::: MATERIAL SUPPLIED :::

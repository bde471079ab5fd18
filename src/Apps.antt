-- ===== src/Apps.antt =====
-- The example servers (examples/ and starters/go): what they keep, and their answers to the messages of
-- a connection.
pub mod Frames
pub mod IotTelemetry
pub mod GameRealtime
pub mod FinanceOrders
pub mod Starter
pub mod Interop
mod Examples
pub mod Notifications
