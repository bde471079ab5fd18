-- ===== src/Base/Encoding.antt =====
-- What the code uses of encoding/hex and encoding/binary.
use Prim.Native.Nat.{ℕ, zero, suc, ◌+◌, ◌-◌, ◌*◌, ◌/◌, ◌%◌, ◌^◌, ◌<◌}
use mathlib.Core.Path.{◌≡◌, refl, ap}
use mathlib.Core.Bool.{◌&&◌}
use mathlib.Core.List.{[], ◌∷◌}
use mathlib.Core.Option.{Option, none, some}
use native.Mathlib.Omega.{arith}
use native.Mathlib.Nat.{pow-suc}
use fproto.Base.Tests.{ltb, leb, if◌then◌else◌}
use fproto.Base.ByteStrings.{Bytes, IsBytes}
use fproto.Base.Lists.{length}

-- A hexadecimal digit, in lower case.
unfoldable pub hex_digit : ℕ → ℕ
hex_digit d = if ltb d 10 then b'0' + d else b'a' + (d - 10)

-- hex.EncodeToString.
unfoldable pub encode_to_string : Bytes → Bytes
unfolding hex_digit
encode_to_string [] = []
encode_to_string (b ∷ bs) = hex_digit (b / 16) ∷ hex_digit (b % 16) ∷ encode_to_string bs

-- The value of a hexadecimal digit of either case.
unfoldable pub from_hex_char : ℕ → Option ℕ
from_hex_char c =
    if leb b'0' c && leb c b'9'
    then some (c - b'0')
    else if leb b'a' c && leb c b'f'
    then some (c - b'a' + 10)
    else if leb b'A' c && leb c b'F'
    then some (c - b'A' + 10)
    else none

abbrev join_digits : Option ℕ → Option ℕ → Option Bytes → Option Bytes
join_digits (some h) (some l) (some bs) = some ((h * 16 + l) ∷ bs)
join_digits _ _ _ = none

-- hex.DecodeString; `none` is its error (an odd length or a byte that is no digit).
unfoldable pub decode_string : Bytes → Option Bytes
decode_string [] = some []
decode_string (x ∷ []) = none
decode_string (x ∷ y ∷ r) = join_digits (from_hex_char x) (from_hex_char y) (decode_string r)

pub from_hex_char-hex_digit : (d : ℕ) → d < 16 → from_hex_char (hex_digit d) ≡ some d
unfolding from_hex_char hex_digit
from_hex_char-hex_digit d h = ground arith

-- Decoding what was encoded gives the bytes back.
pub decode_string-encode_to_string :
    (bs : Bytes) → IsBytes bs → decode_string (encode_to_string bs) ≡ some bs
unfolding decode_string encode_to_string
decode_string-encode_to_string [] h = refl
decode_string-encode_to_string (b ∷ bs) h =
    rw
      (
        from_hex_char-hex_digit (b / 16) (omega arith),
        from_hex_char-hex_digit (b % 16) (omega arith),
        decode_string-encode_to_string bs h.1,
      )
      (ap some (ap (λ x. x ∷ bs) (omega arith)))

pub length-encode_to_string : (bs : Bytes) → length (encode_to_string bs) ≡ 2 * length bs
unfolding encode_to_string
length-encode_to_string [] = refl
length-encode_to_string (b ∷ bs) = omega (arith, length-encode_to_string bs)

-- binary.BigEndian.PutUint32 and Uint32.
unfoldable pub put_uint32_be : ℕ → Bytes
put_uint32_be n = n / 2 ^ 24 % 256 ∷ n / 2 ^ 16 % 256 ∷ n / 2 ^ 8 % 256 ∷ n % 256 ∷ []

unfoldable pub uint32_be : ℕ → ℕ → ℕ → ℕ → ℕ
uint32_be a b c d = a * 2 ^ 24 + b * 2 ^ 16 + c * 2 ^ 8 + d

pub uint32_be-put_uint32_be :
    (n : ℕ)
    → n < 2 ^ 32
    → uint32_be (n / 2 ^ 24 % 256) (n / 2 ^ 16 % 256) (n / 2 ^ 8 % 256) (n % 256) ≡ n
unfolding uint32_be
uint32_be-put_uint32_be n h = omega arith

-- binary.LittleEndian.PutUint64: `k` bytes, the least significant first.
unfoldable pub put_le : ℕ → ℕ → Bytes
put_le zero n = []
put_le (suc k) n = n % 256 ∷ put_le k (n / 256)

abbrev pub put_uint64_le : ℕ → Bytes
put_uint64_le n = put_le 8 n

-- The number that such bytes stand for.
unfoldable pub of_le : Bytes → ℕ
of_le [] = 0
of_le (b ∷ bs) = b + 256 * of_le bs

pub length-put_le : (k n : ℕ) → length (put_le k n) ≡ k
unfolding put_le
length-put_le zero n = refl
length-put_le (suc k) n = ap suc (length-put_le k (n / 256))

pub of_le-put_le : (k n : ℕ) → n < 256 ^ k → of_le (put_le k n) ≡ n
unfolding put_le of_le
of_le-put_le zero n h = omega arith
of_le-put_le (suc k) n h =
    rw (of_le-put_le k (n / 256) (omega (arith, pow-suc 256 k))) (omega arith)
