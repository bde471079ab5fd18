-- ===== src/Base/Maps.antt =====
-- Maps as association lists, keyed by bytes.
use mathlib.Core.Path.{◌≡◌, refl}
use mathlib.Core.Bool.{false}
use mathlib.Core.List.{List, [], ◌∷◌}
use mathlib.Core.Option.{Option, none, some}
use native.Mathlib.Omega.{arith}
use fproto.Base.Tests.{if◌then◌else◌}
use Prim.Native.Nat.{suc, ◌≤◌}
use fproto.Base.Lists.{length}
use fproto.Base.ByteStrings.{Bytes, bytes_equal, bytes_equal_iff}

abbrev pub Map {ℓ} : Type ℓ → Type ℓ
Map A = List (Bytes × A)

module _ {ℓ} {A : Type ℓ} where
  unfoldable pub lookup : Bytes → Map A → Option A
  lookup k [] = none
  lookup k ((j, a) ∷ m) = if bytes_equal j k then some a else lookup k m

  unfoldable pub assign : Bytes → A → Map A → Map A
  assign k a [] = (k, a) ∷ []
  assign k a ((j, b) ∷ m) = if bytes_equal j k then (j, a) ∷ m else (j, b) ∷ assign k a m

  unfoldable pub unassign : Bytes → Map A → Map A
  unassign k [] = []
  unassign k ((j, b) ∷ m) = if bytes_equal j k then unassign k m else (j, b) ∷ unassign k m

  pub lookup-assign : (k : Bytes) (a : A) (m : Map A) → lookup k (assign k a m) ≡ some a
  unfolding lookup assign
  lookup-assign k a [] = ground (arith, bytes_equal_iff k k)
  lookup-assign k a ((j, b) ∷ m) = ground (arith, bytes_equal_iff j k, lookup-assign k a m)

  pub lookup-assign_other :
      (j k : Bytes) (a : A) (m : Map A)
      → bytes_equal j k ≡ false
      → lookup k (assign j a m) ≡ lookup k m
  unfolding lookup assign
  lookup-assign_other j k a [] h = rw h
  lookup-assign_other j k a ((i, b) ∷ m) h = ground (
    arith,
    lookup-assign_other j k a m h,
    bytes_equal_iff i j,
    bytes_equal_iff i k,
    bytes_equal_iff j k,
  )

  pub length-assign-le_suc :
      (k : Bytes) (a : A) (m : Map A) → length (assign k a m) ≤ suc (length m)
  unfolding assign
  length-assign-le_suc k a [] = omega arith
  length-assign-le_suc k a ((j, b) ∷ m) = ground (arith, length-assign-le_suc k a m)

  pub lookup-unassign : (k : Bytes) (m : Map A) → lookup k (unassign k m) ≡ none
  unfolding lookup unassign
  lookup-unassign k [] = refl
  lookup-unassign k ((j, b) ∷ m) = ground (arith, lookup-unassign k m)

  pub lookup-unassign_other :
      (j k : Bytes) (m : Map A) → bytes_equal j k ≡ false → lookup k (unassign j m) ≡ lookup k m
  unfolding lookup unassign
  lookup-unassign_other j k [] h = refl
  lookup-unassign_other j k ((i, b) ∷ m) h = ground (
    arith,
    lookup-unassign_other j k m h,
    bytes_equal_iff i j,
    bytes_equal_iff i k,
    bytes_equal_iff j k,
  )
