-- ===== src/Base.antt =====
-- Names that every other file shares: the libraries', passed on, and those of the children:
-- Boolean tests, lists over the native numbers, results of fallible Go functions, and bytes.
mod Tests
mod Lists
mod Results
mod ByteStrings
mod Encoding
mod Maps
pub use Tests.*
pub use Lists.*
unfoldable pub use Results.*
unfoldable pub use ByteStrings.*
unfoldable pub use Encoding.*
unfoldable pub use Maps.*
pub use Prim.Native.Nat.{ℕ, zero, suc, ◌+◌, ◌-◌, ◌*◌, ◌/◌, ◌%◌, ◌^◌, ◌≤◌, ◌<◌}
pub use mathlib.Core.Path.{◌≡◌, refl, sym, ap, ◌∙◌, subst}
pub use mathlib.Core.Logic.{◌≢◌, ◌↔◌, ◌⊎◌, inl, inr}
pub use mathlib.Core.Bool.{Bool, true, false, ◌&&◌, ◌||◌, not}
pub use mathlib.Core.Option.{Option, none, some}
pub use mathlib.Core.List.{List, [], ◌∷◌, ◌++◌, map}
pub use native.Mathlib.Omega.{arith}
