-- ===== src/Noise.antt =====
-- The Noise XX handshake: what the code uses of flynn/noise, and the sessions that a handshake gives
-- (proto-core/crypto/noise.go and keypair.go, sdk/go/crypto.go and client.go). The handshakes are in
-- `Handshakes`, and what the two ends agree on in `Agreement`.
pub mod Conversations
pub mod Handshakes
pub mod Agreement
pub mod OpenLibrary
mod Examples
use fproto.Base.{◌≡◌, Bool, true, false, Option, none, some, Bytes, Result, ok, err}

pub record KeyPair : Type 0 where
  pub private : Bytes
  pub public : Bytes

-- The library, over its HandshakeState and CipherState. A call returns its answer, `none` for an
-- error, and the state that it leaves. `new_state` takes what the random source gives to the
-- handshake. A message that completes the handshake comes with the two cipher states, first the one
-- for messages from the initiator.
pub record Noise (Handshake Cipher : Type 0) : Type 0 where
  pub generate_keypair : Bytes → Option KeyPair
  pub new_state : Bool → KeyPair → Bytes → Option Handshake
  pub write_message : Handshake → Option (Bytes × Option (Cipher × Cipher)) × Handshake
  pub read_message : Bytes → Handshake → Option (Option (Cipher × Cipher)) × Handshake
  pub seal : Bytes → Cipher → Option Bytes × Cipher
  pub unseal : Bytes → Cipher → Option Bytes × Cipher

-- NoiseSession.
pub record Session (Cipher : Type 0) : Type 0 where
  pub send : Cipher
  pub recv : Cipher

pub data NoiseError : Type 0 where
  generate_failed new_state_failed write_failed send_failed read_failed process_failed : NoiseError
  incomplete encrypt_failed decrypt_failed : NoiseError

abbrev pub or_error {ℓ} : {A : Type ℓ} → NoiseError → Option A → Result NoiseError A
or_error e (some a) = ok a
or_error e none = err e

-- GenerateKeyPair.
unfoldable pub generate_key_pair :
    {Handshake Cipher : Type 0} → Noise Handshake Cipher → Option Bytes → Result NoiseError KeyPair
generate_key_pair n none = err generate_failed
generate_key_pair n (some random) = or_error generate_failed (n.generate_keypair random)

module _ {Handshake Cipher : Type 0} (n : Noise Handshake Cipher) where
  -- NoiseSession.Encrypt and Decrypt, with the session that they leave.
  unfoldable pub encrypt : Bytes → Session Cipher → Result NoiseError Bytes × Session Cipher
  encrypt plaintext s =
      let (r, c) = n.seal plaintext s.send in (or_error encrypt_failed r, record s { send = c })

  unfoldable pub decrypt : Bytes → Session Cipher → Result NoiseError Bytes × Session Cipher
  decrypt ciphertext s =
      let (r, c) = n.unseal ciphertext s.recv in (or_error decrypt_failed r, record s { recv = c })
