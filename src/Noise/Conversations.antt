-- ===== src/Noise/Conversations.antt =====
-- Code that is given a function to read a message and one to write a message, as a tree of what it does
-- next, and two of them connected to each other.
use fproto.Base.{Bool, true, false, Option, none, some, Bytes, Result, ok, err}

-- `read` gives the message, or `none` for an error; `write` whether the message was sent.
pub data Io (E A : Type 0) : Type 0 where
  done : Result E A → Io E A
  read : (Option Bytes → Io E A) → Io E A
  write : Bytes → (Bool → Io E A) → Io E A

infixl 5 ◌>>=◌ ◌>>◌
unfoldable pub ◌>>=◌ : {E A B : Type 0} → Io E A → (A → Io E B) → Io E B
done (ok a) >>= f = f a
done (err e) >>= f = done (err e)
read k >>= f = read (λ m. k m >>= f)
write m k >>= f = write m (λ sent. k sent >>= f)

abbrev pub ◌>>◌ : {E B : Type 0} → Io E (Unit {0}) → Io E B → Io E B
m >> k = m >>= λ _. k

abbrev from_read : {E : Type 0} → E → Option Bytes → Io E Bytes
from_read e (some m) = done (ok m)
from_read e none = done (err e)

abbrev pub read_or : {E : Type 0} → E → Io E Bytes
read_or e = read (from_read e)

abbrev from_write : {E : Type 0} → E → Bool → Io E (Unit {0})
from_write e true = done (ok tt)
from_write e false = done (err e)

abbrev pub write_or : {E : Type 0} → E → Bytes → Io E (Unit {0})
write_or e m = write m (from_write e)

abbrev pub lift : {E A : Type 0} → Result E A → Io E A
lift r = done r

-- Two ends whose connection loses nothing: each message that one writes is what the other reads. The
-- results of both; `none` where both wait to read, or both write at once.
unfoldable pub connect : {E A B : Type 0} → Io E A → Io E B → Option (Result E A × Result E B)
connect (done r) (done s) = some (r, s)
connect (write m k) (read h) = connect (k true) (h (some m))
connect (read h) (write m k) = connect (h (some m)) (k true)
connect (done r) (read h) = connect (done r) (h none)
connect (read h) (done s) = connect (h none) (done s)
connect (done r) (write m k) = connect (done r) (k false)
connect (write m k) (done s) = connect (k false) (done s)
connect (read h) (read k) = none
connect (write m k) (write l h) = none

:::

WHAT TO PRODUCE:
Starting with the first line of the listing above and ending with the line that holds "-- Decoding what", return those lines exactly as written, both included.

PROBLEM SOLUTION:
repository bde471079ab5fd18
filename src/Apps.antt
-- ===== src/Apps.antt =====
-- The example servers (examples/ and starters/go): what they keep, and their answers to the messages of
-- a connection.
pub mod Frames
pub mod IotTelemetry
pub mod GameRealtime
pub mod FinanceOrders
pub mod Starter
pub mod Interop
mod Examples
pub mod Notifications
repository bde471079ab5fd18
-- ===== src/Base/Encoding.antt =====
-- What the code uses of encoding/hex and encoding/binary.
use Prim.Native.Nat.{ℕ, zero, suc, ◌+◌, ◌-◌, ◌*◌, ◌/◌, ◌%◌, ◌^◌, ◌<◌}
use mathlib.Core.Path.{◌≡◌, refl, ap}
use mathlib.Core.Bool.{◌&&◌}
use mathlib.Core.List.{[], ◌∷◌}
use mathlib.Core.Option.{Option, none, some}
use native.Mathlib.Omega.{arith}
use native.Mathlib.Nat.{pow-suc}
use fproto.Base.Tests.{ltb, leb, if◌then◌else◌}
use fproto.Base.ByteStrings.{Bytes, IsBytes}
use fproto.Base.Lists.{length}

-- A hexadecimal digit, in lower case.
unfoldable pub hex_digit : ℕ → ℕ
hex_digit d = if ltb d 10 then b'0' + d else b'a' + (d - 10)

-- hex.EncodeToString.
unfoldable pub encode_to_string : Bytes → Bytes
unfolding hex_digit
encode_to_string [] = []
encode_to_string (b ∷ bs) = hex_digit (b / 16) ∷ hex_digit (b % 16) ∷ encode_to_string bs

-- The value of a hexadecimal digit of either case.
unfoldable pub from_hex_char : ℕ → Option ℕ
from_hex_char c =
    if leb b'0' c && leb c b'9'
    then some (c - b'0')
    else if leb b'a' c && leb c b'f'
    then some (c - b'a' + 10)
    else if leb b'A' c && leb c b'F'
    then some (c - b'A' + 10)
    else none

abbrev join_digits : Option ℕ → Option ℕ → Option Bytes → Option Bytes
join_digits (some h) (some l) (some bs) = some ((h * 16 + l) ∷ bs)
join_digits _ _ _ = none

-- hex.DecodeString; `none` is its error (an odd length or a byte that is no digit).
unfoldable pub decode_string : Bytes → Option Bytes
decode_string [] = some []
decode_string (x ∷ []) = none
decode_string (x ∷ y ∷ r) = join_digits (from_hex_char x) (from_hex_char y) (decode_string r)

pub from_hex_char-hex_digit : (d : ℕ) → d < 16 → from_hex_char (hex_digit d) ≡ some d
unfolding from_hex_char hex_digit
from_hex_char-hex_digit d h = ground arith

-- Decoding what was encoded gives the bytes back.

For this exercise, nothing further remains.